I opened this thread, started reading, and thought, "Hey... what's all this crap about? I thought he wanted to know whether I like my paragraphs left-, right-, or center-aligned."

Your question is far less interesting.


----------



## Ukko (Jun 4, 2010)

Neutral Good... pretty much. Hah; within my limited powers, and staying out of jail.


----------



## Crudblud (Dec 29, 2011)

I am definitely Bugs Bunny. I chew carrots like a motherf***er and everyone else be damned.

Edit: lol swearing


----------



## science (Oct 14, 2010)

I suppose chaotic good; but true neutral and neutral good are possible as well.


----------



## science (Oct 14, 2010)

I wonder whether there is any difference, in practice, between "lawful good" and "lawful evil."


----------



## ComposerOfAvantGarde (Dec 2, 2011)

For me, chaotic neutral I think. I am an arrogant person who likes being the centre of attention and looks down on other people, but I still act (broadly speaking) nice to people when I first meet them. I camouflage my actual thoughts of people behind my neutral words and expressions, but can be blatantly rude to them if they want honest feedback on something.


----------



## Taneyev (Jan 19, 2009)

Neutral. just neutral.


----------



## Sid James (Feb 7, 2009)

Goes a bit above my head but any of the goods will do, but probably "true neutral" is the best.
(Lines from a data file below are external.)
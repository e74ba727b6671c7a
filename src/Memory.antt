-- ===== src/Memory.antt =====
-- src/memory.c and include/memory.h: the bytes of main memory, and the regions of the address space
-- that belong to a device. `memory->data` is a function from the offset; an offset past
-- `memory_size`, which C leaves undefined, names a byte of its own.
pub mod Valid
pub mod RoundTrip
use riscv_simulator.Prelude.{ℕ, zero, suc, Bool, ◌+◌, ◌*◌, ◌/◌, ltb, leb, ◌==◌, ◌!=◌}
use riscv_simulator.Prelude.{◌&&◌, ◌||◌, if◌then◌else◌, update, bit_and, List, [], ◌∷◌}
use riscv_simulator.Prelude.{Option, none, some, u8, sub64, sext8, sext16}
use riscv_simulator.State.{Cpu}
use riscv_simulator.Clint.{clint_base_addr, clint_size, clint_read, clint_write}
use riscv_simulator.Plic.{plic_base_addr, plic_size, plic_read, plic_write}
use riscv_simulator.Uart.{uart_base_addr, uart_read, uart_write}

abbrev pub memory_base_addr : ℕ
memory_base_addr = 0x80000000

abbrev pub memory_size : ℕ
memory_size = 128 * 1024 * 1024

abbrev pub memory_end_addr : ℕ
memory_end_addr = memory_base_addr + memory_size

-- The device that a region's function pointers belong to.
pub data Device : Type 0 where
  clint_device plic_device uart_device : Device

pub record MmioRegion : Type 0 where
  pub base_addr : ℕ
  pub size : ℕ
  pub device : Device

abbrev pub mmio_regions : List MmioRegion
mmio_regions =
    record { base_addr = clint_base_addr; size = clint_size; device = clint_device }
    ∷ record { base_addr = plic_base_addr; size = plic_size; device = plic_device }
    ∷ record { base_addr = uart_base_addr; size = 8; device = uart_device }
    ∷ []

-- The loop over the regions: the first that holds the address.
unfoldable pub find_region : List MmioRegion → ℕ → Option Device
find_region [] address = none
find_region (region ∷ regions) address =
    let later = find_region regions address in
    if leb region.base_addr address && ltb address (region.base_addr + region.size)
    then some region.device
    else later

-- `region->read(address, size)` and `region->write(address, value, size)`.
unfoldable pub device_read : Device → Cpu → ℕ → ℕ → ℕ × Cpu
device_read clint_device cpu address size = (clint_read cpu.clint address size, cpu)
device_read plic_device cpu address size =
    let (value, plic') = plic_read cpu.plic address size in (value, record cpu { plic = plic' })
device_read uart_device cpu address size =
    let (value, uart') = uart_read cpu.uart address size in (value, record cpu { uart = uart' })

unfoldable pub device_write : Device → Cpu → ℕ → ℕ → ℕ → Cpu
device_write clint_device cpu address value size = clint_write cpu address value size
device_write plic_device cpu address value size = record cpu {
  plic = plic_write cpu.plic address value size;
}
device_write uart_device cpu address value size = record cpu {
  uart = uart_write cpu.uart address value size;
}

-- The `n` bytes from offset `a` on, lowest first, as one number; and the store of such a number.
unfoldable pub load_bytes : (ℕ → ℕ) → ℕ → ℕ → ℕ
load_bytes memory a zero = 0
load_bytes memory a (suc n) = memory a + 256 * load_bytes memory (suc a) n

unfoldable pub store_bytes : (ℕ → ℕ) → ℕ → ℕ → ℕ → ℕ → ℕ
store_bytes memory a zero value = memory
store_bytes memory a (suc n) value =
    store_bytes (update memory a (u8 value)) (suc a) n (value / 256)

unfoldable pub load_inst : Cpu → ℕ → ℕ
unfolding load_bytes
load_inst cpu address =
    if leb memory_end_addr address || ltb address memory_base_addr
    then 0
    else load_bytes cpu.memory (sub64 address memory_base_addr) 4

-- The `switch` of `memory_read`. At size 4 the two branches of `?:` are an `int32_t` and a
-- `uint32_t`, whose common type is unsigned, so that `is_signed` has no effect; at size 8 likewise.
unfoldable pub ram_read : Cpu → ℕ → ℕ → Bool → ℕ
unfolding load_bytes
ram_read cpu address size is_signed =
    let a = sub64 address memory_base_addr in
    if size == 1
    then (if is_signed then sext8 (load_bytes cpu.memory a 1) else load_bytes cpu.memory a 1)
    else if size == 2
    then (if is_signed then sext16 (load_bytes cpu.memory a 2) else load_bytes cpu.memory a 2)
    else if size == 4
    then load_bytes cpu.memory a 4
    else if size == 8
    then load_bytes cpu.memory a 8
    else 0

unfoldable pub ram_write : Cpu → ℕ → ℕ → ℕ → Cpu
unfolding store_bytes
ram_write cpu address value size =
    let a = sub64 address memory_base_addr in
    if size == 1
    then record cpu { memory = store_bytes cpu.memory a 1 value }
    else if size == 2
    then record cpu { memory = store_bytes cpu.memory a 2 value }
    else if size == 4
    then record cpu { memory = store_bytes cpu.memory a 4 value }
    else if size == 8
    then record cpu { memory = store_bytes cpu.memory a 8 value }
    else cpu

-- `address & 0x80000000`, the test that tells main memory from devices.
unfoldable pub is_ram : ℕ → Bool
is_ram address = bit_and address 0x80000000 != 0

unfoldable pub memory_read : Cpu → ℕ → ℕ → Bool → ℕ × Cpu
memory_read cpu address size is_signed =
    if is_ram address
    then (ram_read cpu address size is_signed, cpu)
    else elim (find_region mmio_regions address) [
      | some device ↦ device_read device cpu address size
      | none ↦ (0, cpu)
    ]

unfoldable pub memory_write : Cpu → ℕ → ℕ → ℕ → Cpu
memory_write cpu address value size =
    if is_ram address
    then ram_write cpu address value size
    else elim (find_region mmio_regions address) [
      | some device ↦ device_write device cpu address value size
      | none ↦ cpu
    ]
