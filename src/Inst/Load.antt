-- ===== src/Inst/Load.antt =====
-- src/l_inst.c: loads. A load from a device may change the device.
pub mod Valid
use riscv_simulator.Prelude.{ℕ, Bool, true, false, ◌+◌, ◌==◌, if◌then◌else◌, u8, u16, u32, u64}
use riscv_simulator.Prelude.{sext8, sext16, sext32}
use riscv_simulator.Defs.{funct3_lb, funct3_lh, funct3_lw, funct3_ld, funct3_lbu, funct3_lhu}
use riscv_simulator.CsrDefs.{cause_illegal_instruction}
use riscv_simulator.State.{Cpu, set_register}
use riscv_simulator.Memory.{memory_read}
use riscv_simulator.Exception.{raise_exception}
use riscv_simulator.Inst.Decode.{rd_of, funct3_of, rs1_of, imm_i}

-- `cpu->registers[rd] = (cast) memory_read(cpu->memory, address, size, is_signed)`
unfoldable pub load_into : Cpu → ℕ → (ℕ → ℕ) → ℕ → ℕ → Bool → Cpu
load_into cpu rd cast address size is_signed =
    let (value, cpu') = memory_read cpu address size is_signed in set_register cpu' rd (cast value)

unfoldable pub load : Cpu → ℕ → ℕ → ℕ → Cpu
load cpu funct3 rd address =
    if funct3 == funct3_lb
    then load_into cpu rd (λ v. sext8 (u8 v)) address 1 true
    else if funct3 == funct3_lh
    then load_into cpu rd (λ v. sext16 (u16 v)) address 2 true
    else if funct3 == funct3_lw
    then load_into cpu rd (λ v. sext32 (u32 v)) address 4 true
    else if funct3 == funct3_ld
    then load_into cpu rd u64 address 8 true
    else if funct3 == funct3_lbu
    then load_into cpu rd u8 address 1 false
    else if funct3 == funct3_lhu
    then load_into cpu rd u16 address 2 false
    else raise_exception cpu cause_illegal_instruction

unfoldable pub execute_load_instruction : Cpu → ℕ → Cpu
execute_load_instruction cpu instruction =
    load cpu (funct3_of instruction) (rd_of instruction)
      (u64 (cpu.registers (rs1_of instruction) + sext32 (imm_i instruction)))
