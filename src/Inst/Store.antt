-- ===== src/Inst/Store.antt =====
-- src/s_inst.c: stores.
pub mod RoundTrip
pub mod Valid
use riscv_simulator.Prelude.{ℕ, true, ◌+◌, ltb, leb, ◌==◌, ◌||◌, if◌then◌else◌, u64, sext32}
use riscv_simulator.Defs.{funct3_sb, funct3_sh, funct3_sw, funct3_sd}
use riscv_simulator.CsrDefs.{cause_illegal_instruction, cause_load_access_fault}
use riscv_simulator.State.{Cpu}
use riscv_simulator.Memory.{memory_write, memory_end_addr}
use riscv_simulator.Exception.{raise_exception}
use riscv_simulator.Inst.Decode.{funct3_of, rs1_of, rs2_of, imm_s}

-- The `switch` and the write behind it. In the `default` case the write is made too, with size 0,
-- after the trap.
unfoldable pub store_sized : Cpu → ℕ → ℕ → ℕ → Cpu
store_sized cpu funct3 rs2 addr =
    if funct3 == funct3_sb
    then memory_write cpu addr (cpu.registers rs2) 1
    else if funct3 == funct3_sh
    then memory_write cpu addr (cpu.registers rs2) 2
    else if funct3 == funct3_sw
    then memory_write cpu addr (cpu.registers rs2) 4
    else if funct3 == funct3_sd
    then memory_write cpu addr (cpu.registers rs2) 8
    else (let trapped = raise_exception cpu cause_illegal_instruction in
        memory_write trapped addr (trapped.registers rs2) 0)

unfoldable pub store : Cpu → ℕ → ℕ → ℕ → Cpu
store cpu funct3 rs2 addr =
    if ltb addr 0x100 || leb memory_end_addr addr
    then record (raise_exception cpu cause_load_access_fault) { trap_occurred = true }
    else store_sized cpu funct3 rs2 addr

unfoldable pub execute_s_type_instruction : Cpu → ℕ → Cpu
execute_s_type_instruction cpu instruction =
    store cpu (funct3_of instruction) (rs2_of instruction)
      (u64 (cpu.registers (rs1_of instruction) + sext32 (imm_s instruction)))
I doubt that anyone would answer to be evil. Evil people usually don't admit they're evil, do they? They usually argue that the innocent are evil, or lay the blame at someone else's feet, they can be very manipulative...


----------



## Polednice (Sep 13, 2009)

Neutral Good, though I shall be Chaotically Evil towards anyone else who is not also Neutral Good.


----------



## aleazk (Sep 30, 2011)

ComposerOfAvantGarde said:


> For me, chaotic neutral I think. I am an arrogant person who likes being the centre of attention and looks down on other people, but I still act (broadly speaking) nice to people when I first meet them. I camouflage my actual thoughts of people behind my neutral words and expressions, but can be blatantly rude to them if they want honest feedback on something.


mmm, stay away from my compositions then.


----------



## Ravellian (Aug 17, 2009)

Polednice said:


> Neutral Good


I will assume that was a typo and that you meant to say "Chaotic Evil."


----------



## Polednice (Sep 13, 2009)

Ravellian said:


> I will assume that was a typo and that you meant to say "Chaotic Evil."


Maybe my unorthodox means of promoting good is to fool my enemies into believing I have an evil allegiance.

Maybe I am so chaotically evil that I am willing for others to see me as good, only to take advantage of their vulnerabilities when I discover them.

In either case, get in my way at your peril.


----------



## Alberich (Dec 22, 2011)




----------



## Conor71 (Feb 19, 2009)

Cool thread!  - I would choose Lawful Good


----------



## TrazomGangflow (Sep 9, 2011)

Neutral Good (If anyone disagrees feel free to say so)


----------